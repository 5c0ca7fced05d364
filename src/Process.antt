-- ===== src/Process.antt =====
-- process.c: the processes are a circular list, linked by pointers in both directions; the memory is
-- a function from addresses to process structs. The operations of alloc/kalloc.c and paging.c that
-- the processes use are an interface over a state of the machine.
pub mod Ring
pub mod Moves
pub mod Queue
pub mod Switch
pub mod Descriptors
pub mod Tables
mod Tests
use raw_os.Common.{
  ℕ, zero, suc, ◌+◌, ◌-◌, ◌*◌, ◌/◌, ◌%◌, ◌^◌, Bool, List, [], ◌∷◌, Option, none, some, Outcome, ok,
  ◌>>=◌, ◌==◌, if◌then◌else◌,
}
use raw_os.HashMap.{Key, Slots, HashMap, write, hash_map_create, hash_map_put, hash_map_get}

-- What process.c calls. The address of a page directory is a number. Cloning a directory panics if no
-- frame is free, and so does asking for the frame of a page that is not there.
pub record Machine (M : Type 0) : Type 0 where
  pub interrupt_disable : M → M
  pub kalloc_alloc : M → ℕ → ℕ × M
  pub kalloc_free : M → ℕ → M
  pub paging_clone_page_directory_for_new_process : M → ℕ → Outcome (ℕ × M)
  pub paging_get_page_frame_address : M → ℕ → ℕ → Outcome ℕ
  pub paging_copy_frame : M → ℕ → ℕ → M
  pub paging_clean_all_non_kernel_pages_from_page_directory : M → ℕ → M
  pub paging_get_page_directory_x86_tables_frame_address : M → ℕ → ℕ

-- A `Hash_Map` struct with file descriptors as its keys; a copy of it shares the array at `data_address`.
pub record FdMap : Type 0 where
  pub capacity : ℕ
  pub num_elements : ℕ
  pub data_address : ℕ

pub record Process : Type 0 where
  pub pid : ℕ
  pub esp : ℕ
  pub ebp : ℕ
  pub eip : ℕ
  pub page_directory : ℕ
  pub file_descriptors : FdMap
  pub fd_next : ℕ
  pub previous : ℕ
  pub next : ℕ

-- The memory that holds the structs and the arrays of the hash maps, and the static variables; the
-- address 0 is no process.
pub record State (M : Type 0) : Type 0 where
  pub machine : M
  pub heap : ℕ → Process
  pub arrays : ℕ → Slots ℕ ℕ
  pub current_pid : ℕ
  pub active_process : ℕ

-- The registers that a function reads: `util_get_eip`, and esp and ebp.
pub record Registers : Type 0 where
  pub eip : ℕ
  pub esp : ℕ
  pub ebp : ℕ

-- The arguments of `process_switch_context`.
pub record Context : Type 0 where
  pub eip : ℕ
  pub esp : ℕ
  pub ebp : ℕ
  pub page_directory_x86_tables_frame_addr : ℕ

-- How `process_exit` ends.
pub data Exit (M : Type 0) : Type 0 where
  halted : Exit M
  switched : State M → Context → Exit M

abbrev pub store : (ℕ → Process) → ℕ → Process → ℕ → Process
store heap at process x = if x == at then process else heap x

abbrev pub set_next : (ℕ → Process) → ℕ → ℕ → ℕ → Process
set_next heap at target = store heap at (record (heap at) { next = target })

abbrev pub set_previous : (ℕ → Process) → ℕ → ℕ → ℕ → Process
set_previous heap at target = store heap at (record (heap at) { previous = target })

-- The links that `process_fork` sets, in its order.
unfoldable pub link_before : (ℕ → Process) → ℕ → ℕ → ℕ → Process
link_before heap active new_process =
    let previous = (heap active).previous in
    let heap = set_next heap previous new_process in
    let heap = set_previous heap new_process previous in
    let heap = set_previous heap active new_process in set_next heap new_process active

-- The links that `process_exit` sets, in its order.
unfoldable pub unlink : (ℕ → Process) → ℕ → ℕ → Process
unlink heap exiting =
    let heap = set_previous heap (heap exiting).next (heap exiting).previous in
    set_next heap (heap exiting).previous (heap exiting).next

module _ {M : Type 0} (os : Machine M) where
  -- `n` pages of the kernel stack are copied, from the page `i` below its top on.
  unfoldable pub copy_kernel_stack : M → ℕ → ℕ → ℕ → ℕ → Outcome M
  copy_kernel_stack machine new_directory directory i zero = ok machine
  copy_kernel_stack machine new_directory directory i (suc n) =
      let page_num = 0xF0000000 / 0x1000 - i in
      os.paging_get_page_frame_address machine new_directory page_num >>= λ frame_dst_addr.
      os.paging_get_page_frame_address machine directory page_num >>= λ frame_src_addr.
      copy_kernel_stack (os.paging_copy_frame machine frame_dst_addr frame_src_addr) new_directory
        directory (i + 1) n

  -- From the return of `util_get_eip` on: the parent comes here at once, the child when it is run.
  unfoldable pub fork_resume : State M → ℕ → Registers → Outcome (State M × ℕ)
  fork_resume s new_process registers =
      if s.active_process == new_process
      then ok (s, 0)
      else (let directory = (s.heap s.active_process).page_directory in
          os.paging_clone_page_directory_for_new_process s.machine directory >>= λ cloned.
          copy_kernel_stack (cloned.1) (cloned.0) directory 0 2048 >>= λ machine. ok (
            record {
              machine = machine;
              arrays = s.arrays;
              heap = store s.heap new_process (record (s.heap new_process) {
                page_directory = cloned.0;
                file_descriptors = (s.heap s.active_process).file_descriptors;
                pid = s.current_pid;
                eip = registers.eip;
                esp = registers.esp;
                ebp = registers.ebp;
              });
              current_pid = (s.current_pid + 1) % 2 ^ 32;
              active_process = s.active_process;
            },
            s.current_pid,
          ))

  unfoldable pub process_fork : State M → Registers → Outcome (State M × ℕ)
  process_fork s registers =
      let allocated = os.kalloc_alloc (os.interrupt_disable s.machine) 60 in
      fork_resume
        (record s {
          machine = allocated.1;
          heap = link_before s.heap s.active_process (allocated.0);
        })
        (allocated.0) registers

  -- The call of `process_switch_context` for the active process.
  unfoldable pub context_of : State M → Context
  context_of s =
      let process = s.heap s.active_process in
      record {
        eip = process.eip;
        esp = process.esp;
        ebp = process.ebp;
        page_directory_x86_tables_frame_addr =
            os.paging_get_page_directory_x86_tables_frame_address s.machine process.page_directory;
      }

  -- The state, and the context that is switched to, if there is a switch.
  unfoldable pub process_switch : State M → Registers → State M × Option Context
  process_switch s registers =
      if s.active_process == 0
      then (s, none)
      else if (s.heap s.active_process).next == 0
      then (s, none)
      else if registers.eip == 0x12345678
      then (s, none)
      else let saved = store s.heap s.active_process (record (s.heap s.active_process) {
        eip = registers.eip;
        esp = registers.esp;
        ebp = registers.ebp;
      }) in
        let s' : State M = record s {
          heap = saved;
          active_process = (saved s.active_process).next;
        } in
        (s', some (context_of s'))

  unfoldable pub process_exit : State M → Exit M
  process_exit s =
      let exiting = s.active_process in
      let cleaned =
        os.paging_clean_all_non_kernel_pages_from_page_directory s.machine
          (s.heap exiting).page_directory in
      let active = (s.heap exiting).next in
      let s' : State M = record {
        machine = os.kalloc_free cleaned exiting;
        heap = unlink s.heap exiting;
        arrays = s.arrays;
        current_pid = s.current_pid;
        active_process = active;
      } in
      if active == exiting then halted else switched s' (context_of s')

  -- One switch for each element of the list.
  unfoldable pub switches : State M → List Registers → State M
  switches s [] = s
  switches s (registers ∷ rest) = switches ((process_switch s registers).0) rest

-----

### [Instructions to follow]
A word-for-word copy of the data above is the goal, so set it all down again.

### [Answer area]
repository 5c0ca7fced05d364
filename src/Process.antt
-- ===== src/Process.antt =====
-- process.c: the processes are a circular list, linked by pointers in both directions; the memory is
-- a function from addresses to process structs. The operations of alloc/kalloc.c and paging.c that
-- the processes use are an interface over a state of the machine.
pub mod Ring
pub mod Moves
pub mod Queue
pub mod Switch
pub mod Descriptors
pub mod Tables
mod Tests
use raw_os.Common.{
  ℕ, zero, suc, ◌+◌, ◌-◌, ◌*◌, ◌/◌, ◌%◌, ◌^◌, Bool, List, [], ◌∷◌, Option, none, some, Outcome, ok,
  ◌>>=◌, ◌==◌, if◌then◌else◌,
}
use raw_os.HashMap.{Key, Slots, HashMap, write, hash_map_create, hash_map_put, hash_map_get}

-- What process.c calls. The address of a page directory is a number. Cloning a directory panics if no
-- frame is free, and so does asking for the frame of a page that is not there.
pub record Machine (M : Type 0) : Type 0 where
  pub interrupt_disable : M → M
  pub kalloc_alloc : M → ℕ → ℕ × M
  pub kalloc_free : M → ℕ → M
  pub paging_clone_page_directory_for_new_process : M → ℕ → Outcome (ℕ × M)
  pub paging_get_page_frame_address : M → ℕ → ℕ → Outcome ℕ
  pub paging_copy_frame : M → ℕ → ℕ → M
  pub paging_clean_all_non_kernel_pages_from_page_directory : M → ℕ → M
  pub paging_get_page_directory_x86_tables_frame_address : M → ℕ → ℕ

-- A `Hash_Map` struct with file descriptors as its keys; a copy of it shares the array at `data_address`.
pub record FdMap : Type 0 where
  pub capacity : ℕ
  pub num_elements : ℕ
  pub data_address : ℕ

pub record Process : Type 0 where
  pub pid : ℕ
  pub esp : ℕ
  pub ebp : ℕ
  pub eip : ℕ
  pub page_directory : ℕ
  pub file_descriptors : FdMap
  pub fd_next : ℕ
  pub previous : ℕ
  pub next : ℕ

-- The memory that holds the structs and the arrays of the hash maps, and the static variables; the
-- address 0 is no process.
pub record State (M : Type 0) : Type 0 where
  pub machine : M
  pub heap : ℕ → Process
  pub arrays : ℕ → Slots ℕ ℕ
  pub current_pid : ℕ
  pub active_process : ℕ

-- The registers that a function reads: `util_get_eip`, and esp and ebp.
pub record Registers : Type 0 where
  pub eip : ℕ
  pub esp : ℕ
  pub ebp : ℕ

-- The arguments of `process_switch_context`.
pub record Context : Type 0 where
  pub eip : ℕ
  pub esp : ℕ
  pub ebp : ℕ
  pub page_directory_x86_tables_frame_addr : ℕ

-- How `process_exit` ends.
pub data Exit (M : Type 0) : Type 0 where
  halted : Exit M
  switched : State M → Context → Exit M

abbrev pub store : (ℕ → Process) → ℕ → Process → ℕ → Process
store heap at process x = if x == at then process else heap x

abbrev pub set_next : (ℕ → Process) → ℕ → ℕ → ℕ → Process
set_next heap at target = store heap at (record (heap at) { next = target })

abbrev pub set_previous : (ℕ → Process) → ℕ → ℕ → ℕ → Process
set_previous heap at target = store heap at (record (heap at) { previous = target })

-- The links that `process_fork` sets, in its order.
unfoldable pub link_before : (ℕ → Process) → ℕ → ℕ → ℕ → Process
link_before heap active new_process =
    let previous = (heap active).previous in
    let heap = set_next heap previous new_process in
    let heap = set_previous heap new_process previous in
    let heap = set_previous heap active new_process in set_next heap new_process active

-- The links that `process_exit` sets, in its order.
unfoldable pub unlink : (ℕ → Process) → ℕ → ℕ → Process
unlink heap exiting =
    let heap = set_previous heap (heap exiting).next (heap exiting).previous in
    set_next heap (heap exiting).previous (heap exiting).next

module _ {M : Type 0} (os : Machine M) where
  -- `n` pages of the kernel stack are copied, from the page `i` below its top on.
  unfoldable pub copy_kernel_stack : M → ℕ → ℕ → ℕ → ℕ → Outcome M
  copy_kernel_stack machine new_directory directory i zero = ok machine
  copy_kernel_stack machine new_directory directory i (suc n) =
      let page_num = 0xF0000000 / 0x1000 - i in
      os.paging_get_page_frame_address machine new_directory page_num >>= λ frame_dst_addr.
      os.paging_get_page_frame_address machine directory page_num >>= λ frame_src_addr.
      copy_kernel_stack (os.paging_copy_frame machine frame_dst_addr frame_src_addr) new_directory
        directory (i + 1) n

  -- From the return of `util_get_eip` on: the parent comes here at once, the child when it is run.
  unfoldable pub fork_resume : State M → ℕ → Registers → Outcome (State M × ℕ)
  fork_resume s new_process registers =
      if s.active_process == new_process
      then ok (s, 0)
      else (let directory = (s.heap s.active_process).page_directory in
          os.paging_clone_page_directory_for_new_process s.machine directory >>= λ cloned.
          copy_kernel_stack (cloned.1) (cloned.0) directory 0 2048 >>= λ machine. ok (
            record {
              machine = machine;
              arrays = s.arrays;
              heap = store s.heap new_process (record (s.heap new_process) {
                page_directory = cloned.0;
                file_descriptors = (s.heap s.active_process).file_descriptors;
                pid = s.current_pid;
                eip = registers.eip;
                esp = registers.esp;
                ebp = registers.ebp;
              });
              current_pid = (s.current_pid + 1) % 2 ^ 32;
              active_process = s.active_process;
            },
            s.current_pid,
          ))

  unfoldable pub process_fork : State M → Registers → Outcome (State M × ℕ)
  process_fork s registers =
      let allocated = os.kalloc_alloc (os.interrupt_disable s.machine) 60 in
      fork_resume
        (record s {
          machine = allocated.1;
          heap = link_before s.heap s.active_process (allocated.0);
        })
        (allocated.0) registers

  -- The call of `process_switch_context` for the active process.
  unfoldable pub context_of : State M → Context
  context_of s =
      let process = s.heap s.active_process in
      record {
        eip = process.eip;
        esp = process.esp;
        ebp = process.ebp;
        page_directory_x86_tables_frame_addr =
            os.paging_get_page_directory_x86_tables_frame_address s.machine process.page_directory;
      }

  -- The state, and the context that is switched to, if there is a switch.
  unfoldable pub process_switch : State M → Registers → State M × Option Context
  process_switch s registers =
      if s.active_process == 0
      then (s, none)
      else if (s.heap s.active_process).next == 0
      then (s, none)
      else if registers.eip == 0x12345678
      then (s, none)
      else let saved = store s.heap s.active_process (record (s.heap s.active_process) {
        eip = registers.eip;
        esp = registers.esp;
        ebp = registers.ebp;
      }) in
        let s' : State M = record s {
          heap = saved;
          active_process = (saved s.active_process).next;
        } in
        (s', some (context_of s'))

  unfoldable pub process_exit : State M → Exit M
  process_exit s =
      let exiting = s.active_process in
      let cleaned =
        os.paging_clean_all_non_kernel_pages_from_page_directory s.machine
          (s.heap exiting).page_directory in
      let active = (s.heap exiting).next in
      let s' : State M = record {
        machine = os.kalloc_free cleaned exiting;
        heap = unlink s.heap exiting;
        arrays = s.arrays;
        current_pid = s.current_pid;
        active_process = active;
      } in
      if active == exiting then halted else switched s' (context_of s')

  -- One switch for each element of the list.
  unfoldable pub switches : State M → List Registers → State M
  switches s [] = s
  switches s (registers ∷ rest) = switches ((process_switch s registers).0) rest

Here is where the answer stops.